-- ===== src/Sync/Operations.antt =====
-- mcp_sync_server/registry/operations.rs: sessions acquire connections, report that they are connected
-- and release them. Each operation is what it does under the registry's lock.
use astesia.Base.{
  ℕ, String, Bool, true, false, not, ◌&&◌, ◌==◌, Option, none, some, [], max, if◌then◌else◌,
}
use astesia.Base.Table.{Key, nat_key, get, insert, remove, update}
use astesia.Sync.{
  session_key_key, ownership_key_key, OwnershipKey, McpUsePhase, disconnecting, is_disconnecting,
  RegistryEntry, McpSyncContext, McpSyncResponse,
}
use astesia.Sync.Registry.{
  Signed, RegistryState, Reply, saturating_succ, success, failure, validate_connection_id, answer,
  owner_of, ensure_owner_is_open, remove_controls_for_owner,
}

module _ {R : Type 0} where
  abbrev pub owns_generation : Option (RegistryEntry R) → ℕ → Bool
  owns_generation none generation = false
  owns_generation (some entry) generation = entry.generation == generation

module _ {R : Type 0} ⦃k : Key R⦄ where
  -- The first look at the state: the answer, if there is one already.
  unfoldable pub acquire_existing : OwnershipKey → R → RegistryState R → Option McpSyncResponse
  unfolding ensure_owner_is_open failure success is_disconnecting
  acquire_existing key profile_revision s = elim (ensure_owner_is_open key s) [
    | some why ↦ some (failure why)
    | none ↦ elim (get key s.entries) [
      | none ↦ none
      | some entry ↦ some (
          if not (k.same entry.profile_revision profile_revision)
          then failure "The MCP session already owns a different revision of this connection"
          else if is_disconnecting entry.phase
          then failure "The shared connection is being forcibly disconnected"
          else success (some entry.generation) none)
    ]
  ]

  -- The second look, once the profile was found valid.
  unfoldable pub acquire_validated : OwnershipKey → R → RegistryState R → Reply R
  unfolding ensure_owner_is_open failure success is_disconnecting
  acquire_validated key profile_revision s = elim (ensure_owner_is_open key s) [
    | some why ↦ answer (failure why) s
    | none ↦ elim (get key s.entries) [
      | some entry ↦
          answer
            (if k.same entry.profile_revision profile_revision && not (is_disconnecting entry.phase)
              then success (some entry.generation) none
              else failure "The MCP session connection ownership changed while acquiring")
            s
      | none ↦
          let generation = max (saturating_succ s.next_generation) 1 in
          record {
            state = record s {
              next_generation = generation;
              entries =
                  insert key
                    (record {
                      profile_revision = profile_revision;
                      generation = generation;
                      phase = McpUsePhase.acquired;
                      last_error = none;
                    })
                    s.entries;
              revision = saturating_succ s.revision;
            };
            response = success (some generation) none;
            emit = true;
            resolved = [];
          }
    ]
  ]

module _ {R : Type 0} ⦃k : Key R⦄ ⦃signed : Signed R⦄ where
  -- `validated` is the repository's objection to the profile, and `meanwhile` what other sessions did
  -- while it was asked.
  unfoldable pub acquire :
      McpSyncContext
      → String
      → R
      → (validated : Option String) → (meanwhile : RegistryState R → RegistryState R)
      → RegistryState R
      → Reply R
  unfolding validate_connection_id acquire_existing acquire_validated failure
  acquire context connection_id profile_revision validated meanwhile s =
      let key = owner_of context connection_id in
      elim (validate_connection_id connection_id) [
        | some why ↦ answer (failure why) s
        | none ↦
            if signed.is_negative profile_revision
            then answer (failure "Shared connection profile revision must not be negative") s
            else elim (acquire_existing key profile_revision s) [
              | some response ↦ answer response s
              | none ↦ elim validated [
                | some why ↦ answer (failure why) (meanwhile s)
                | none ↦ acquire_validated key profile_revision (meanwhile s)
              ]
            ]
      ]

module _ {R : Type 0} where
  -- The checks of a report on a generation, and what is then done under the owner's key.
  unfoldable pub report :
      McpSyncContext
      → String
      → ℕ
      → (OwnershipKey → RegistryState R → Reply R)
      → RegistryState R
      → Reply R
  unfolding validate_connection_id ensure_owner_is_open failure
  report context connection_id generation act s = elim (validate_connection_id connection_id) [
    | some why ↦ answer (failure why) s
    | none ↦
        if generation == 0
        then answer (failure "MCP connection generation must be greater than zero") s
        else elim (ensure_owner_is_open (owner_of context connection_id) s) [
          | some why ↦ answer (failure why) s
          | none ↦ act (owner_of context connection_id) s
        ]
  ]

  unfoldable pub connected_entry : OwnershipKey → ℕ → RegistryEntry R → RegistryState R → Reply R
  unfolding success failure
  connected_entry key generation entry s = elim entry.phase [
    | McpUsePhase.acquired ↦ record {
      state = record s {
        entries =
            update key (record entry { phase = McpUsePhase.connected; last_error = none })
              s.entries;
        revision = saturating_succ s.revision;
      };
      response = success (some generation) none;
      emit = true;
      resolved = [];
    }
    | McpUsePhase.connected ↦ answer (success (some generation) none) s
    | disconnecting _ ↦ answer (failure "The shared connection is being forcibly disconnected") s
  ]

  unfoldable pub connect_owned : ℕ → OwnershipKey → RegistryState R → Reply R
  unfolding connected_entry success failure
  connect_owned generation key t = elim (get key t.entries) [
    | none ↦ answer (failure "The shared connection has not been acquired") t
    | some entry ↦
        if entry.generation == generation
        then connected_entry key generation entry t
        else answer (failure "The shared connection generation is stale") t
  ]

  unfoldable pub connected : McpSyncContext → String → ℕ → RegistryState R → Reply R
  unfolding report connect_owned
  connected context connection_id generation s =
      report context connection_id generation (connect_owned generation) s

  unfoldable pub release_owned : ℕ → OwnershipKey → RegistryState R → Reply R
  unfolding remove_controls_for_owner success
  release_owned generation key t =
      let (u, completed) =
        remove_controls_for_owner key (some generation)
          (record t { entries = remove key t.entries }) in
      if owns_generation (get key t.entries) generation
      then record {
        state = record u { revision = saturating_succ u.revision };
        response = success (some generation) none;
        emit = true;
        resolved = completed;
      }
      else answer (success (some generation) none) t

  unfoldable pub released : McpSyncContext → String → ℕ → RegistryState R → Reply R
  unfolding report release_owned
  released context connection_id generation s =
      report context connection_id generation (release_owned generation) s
==================================================
== Task requirements ==
Beginning at the first line of the data above, retype each line until you reach the line containing "if not (k.same", and include that one too. Add nothing else.

== Response area ==
-- ===== src/Sync/Operations.antt =====
-- mcp_sync_server/registry/operations.rs: sessions acquire connections, report that they are connected
-- and release them. Each operation is what it does under the registry's lock.
use astesia.Base.{
  ℕ, String, Bool, true, false, not, ◌&&◌, ◌==◌, Option, none, some, [], max, if◌then◌else◌,
}
use astesia.Base.Table.{Key, nat_key, get, insert, remove, update}
use astesia.Sync.{
  session_key_key, ownership_key_key, OwnershipKey, McpUsePhase, disconnecting, is_disconnecting,
  RegistryEntry, McpSyncContext, McpSyncResponse,
}
use astesia.Sync.Registry.{
  Signed, RegistryState, Reply, saturating_succ, success, failure, validate_connection_id, answer,
  owner_of, ensure_owner_is_open, remove_controls_for_owner,
}

module _ {R : Type 0} where
  abbrev pub owns_generation : Option (RegistryEntry R) → ℕ → Bool
  owns_generation none generation = false
  owns_generation (some entry) generation = entry.generation == generation

module _ {R : Type 0} ⦃k : Key R⦄ where
  -- The first look at the state: the answer, if there is one already.
  unfoldable pub acquire_existing : OwnershipKey → R → RegistryState R → Option McpSyncResponse
  unfolding ensure_owner_is_open failure success is_disconnecting
  acquire_existing key profile_revision s = elim (ensure_owner_is_open key s) [
    | some why ↦ some (failure why)
    | none ↦ elim (get key s.entries) [
      | none ↦ none
      | some entry ↦ some (
          if not (k.same entry.profile_revision profile_revision)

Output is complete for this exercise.